Dr. Eugen Grabscheid, the “singers’ doctor” in New York for 40 years, has been gone for over 25 years. And, yet, not a week goes by that one of my patients doesn’t mention his name, always with a smile, recounting a personal anecdote about this eccentric and unique physician. I first met Dr. Grabscheid around 1984, in the early years of my own practice. He had a lasting influence on me—in how I treat patients and, specifically, how I manage singers. I knew him for the last several years of his life and wanted to share some personal memories of this remarkable doctor. Let’s begin with his early life and education.
Eugen Grabscheid was born on September 1, 1904. Although his obituary in the New York Times said that he was born in Austria, he told me that he actually came there, as a young child, from Galicia. This was an area of Europe known as the Pale, originally a part of Imperial Russia where Jews were allowed to settle. Even in this area, Jews were excluded from some cities and often harassed. Grabscheid told me that one of his earliest childhood memories was running across a field with his family, chased by Cossacks.

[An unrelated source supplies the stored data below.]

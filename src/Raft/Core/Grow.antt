-- ===== src/Raft/Core/Grow.antt =====
-- What a leader's proposals do (raft_core_append.cpp): its log grows at the end by entries of its own
-- term, and exactly these are handed over to be stored.
use mathlib.Core.List.{append-nil, append_assoc}
use adviskv.Base.{ℕ, ◌≡◌, ◌≤◌, ◌+◌, refl, ap, ◌∙◌, sym, List, [], ◌∷◌, ◌++◌, All, arith}
use adviskv.Model.{LogEntry, ProposeParam}
use adviskv.Raft.Log
use adviskv.Raft.Log.{RaftLog, entry_at, make_entry, last_log_index}
use adviskv.Raft.Log.Shape.{IsValid}
use adviskv.Raft.Log.Append.{append_new_entry-IsValid, append_new_entry_lem, make_entry-term}
use adviskv.Raft.Message.{RaftEffects}
use adviskv.Raft.Core.{RaftCore, current_term}
use adviskv.Raft.Core.Append.{append_new_entry}
use adviskv.Raft.Core.Frame.{Quiet, Quiet-refl}

pub record Grows (c : RaftCore) (fx : RaftEffects) (c' : RaftCore) (fx' : RaftEffects)
    : Type 0 where
  pub added : List LogEntry
  pub valid : IsValid c'.raft_log
  pub entries : c'.raft_log.log_entries ≡ c.raft_log.log_entries ++ added
  pub terms : All (λ e. e.term ≡ c.election.current_term) added
  pub appended : fx'.entries_to_append ≡ fx.entries_to_append ++ added
  pub snapshot_index : c'.raft_log.snapshot_index ≡ c.raft_log.snapshot_index
  pub snapshot_term : c'.raft_log.snapshot_term ≡ c.raft_log.snapshot_term
  pub self_id : c'.self_id ≡ c.self_id
  pub election : c'.election ≡ c.election
  pub membership : c'.membership ≡ c.membership
  pub commit_index : c.raft_apply.commit_index ≤ c'.raft_apply.commit_index
  pub last_applied : c'.raft_apply.last_applied ≡ c.raft_apply.last_applied
  pub hard_state : fx'.hard_state ≡ fx.hard_state
  pub rewritten : fx'.entries_to_rewrite ≡ fx.entries_to_rewrite

pub Quiet-Grows :
    {c c' : RaftCore} {fx fx' : RaftEffects}
    → IsValid c.raft_log
    → Quiet c fx c' fx'
    → Grows c fx c' fx'
Quiet-Grows {c} {c'} {fx} v q = record {
  added = [];
  valid = rw q.raft_log v;
  entries = ap (λ l. l.log_entries) q.raft_log ∙ sym (append-nil c.raft_log.log_entries);
  terms = tt;
  appended = q.stored.appended ∙ sym (append-nil fx.entries_to_append);
  snapshot_index = ap (λ l. l.snapshot_index) q.raft_log;
  snapshot_term = ap (λ l. l.snapshot_term) q.raft_log;
  self_id = q.self_id;
  election = q.election;
  membership = q.membership;
  commit_index = q.commit_index;
  last_applied = q.last_applied;
  hard_state = q.stored.hard_state;
  rewritten = q.stored.rewritten;
}

All-append :
    (P : LogEntry → Type 0) (old new : List LogEntry) → All P new → All P old → All P (old ++ new)
All-append P [] new n o = n
All-append P (e ∷ old) new n o = (o.0, All-append P old new n o.1)

pub Grows-trans :
    {c c' c'' : RaftCore} {fx fx' fx'' : RaftEffects}
    → Grows c fx c' fx'
    → Grows c' fx' c'' fx''
    → Grows c fx c'' fx''
Grows-trans {c} {c'} {c''} {fx} g h = record {
  added = g.added ++ h.added;
  valid = h.valid;
  entries = h.entries ∙ (rw g.entries (append_assoc c.raft_log.log_entries g.added h.added));
  terms =
      All-append _ g.added h.added (rw (ap (λ e. e.current_term) g.election) at h.terms) g.terms;
  appended = h.appended ∙ (rw g.appended (append_assoc fx.entries_to_append g.added h.added));
  snapshot_index = h.snapshot_index ∙ g.snapshot_index;
  snapshot_term = h.snapshot_term ∙ g.snapshot_term;
  self_id = h.self_id ∙ g.self_id;
  election = h.election ∙ g.election;
  membership = h.membership ∙ g.membership;
  commit_index = omega (arith, g.commit_index, h.commit_index);
  last_applied = h.last_applied ∙ g.last_applied;
  hard_state = h.hard_state ∙ g.hard_state;
  rewritten = h.rewritten ∙ g.rewritten;
}

pub Grows-refl : (c : RaftCore) (fx : RaftEffects) → IsValid c.raft_log → Grows c fx c fx
Grows-refl c fx v = Quiet-Grows v (Quiet-refl c fx)

log-append_new_entry :
    (l : RaftLog) (term : ℕ) (param : ProposeParam)
    → let l' = (Log.append_new_entry l term param).0 in
      (l'.log_entries ≡ l.log_entries ++ make_entry term (last_log_index l + 1) param ∷ [])
      × (l'.snapshot_index ≡ l.snapshot_index)
      × (l'.snapshot_term ≡ l.snapshot_term)
unfolding Log.append_new_entry
log-append_new_entry l term param = (refl, refl, refl)

pub append_new_entry-Grows :
    (c : RaftCore) (param : ProposeParam) (fx : RaftEffects)
    → IsValid c.raft_log
    → let (c', fx', _) = append_new_entry c param fx in Grows c fx c' fx'
unfolding append_new_entry
append_new_entry-Grows c param fx v =
    let l = c.raft_log in
    let t = current_term c in
    let (index, last, found, _) = append_new_entry_lem l t param v in
    let (entries, at, term) = log-append_new_entry l t param in
    rw found (record {
      added = make_entry t (Log.append_new_entry l t param).1 param ∷ [];
      valid = append_new_entry-IsValid l t param v;
      entries = rw index entries;
      terms = (make_entry-term t _ param, tt);
      appended = refl;
      snapshot_index = at;
      snapshot_term = term;
      self_id = refl;
      election = refl;
      membership = refl;
      commit_index = omega arith;
      last_applied = refl;
      hard_state = refl;
      rewritten = refl;
    })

When he was a young child, Eugen and his family—his brother Michael and his parents—moved to Austria and settled in Baden bei Wien. He attended school and grew up in this small spa town, about 26 kilometers south of Vienna. I know nothing about his early student years, except that he was a good athlete. He was an avid soccer player and eventually became certified as a soccer referee. This skill was to come in handy later.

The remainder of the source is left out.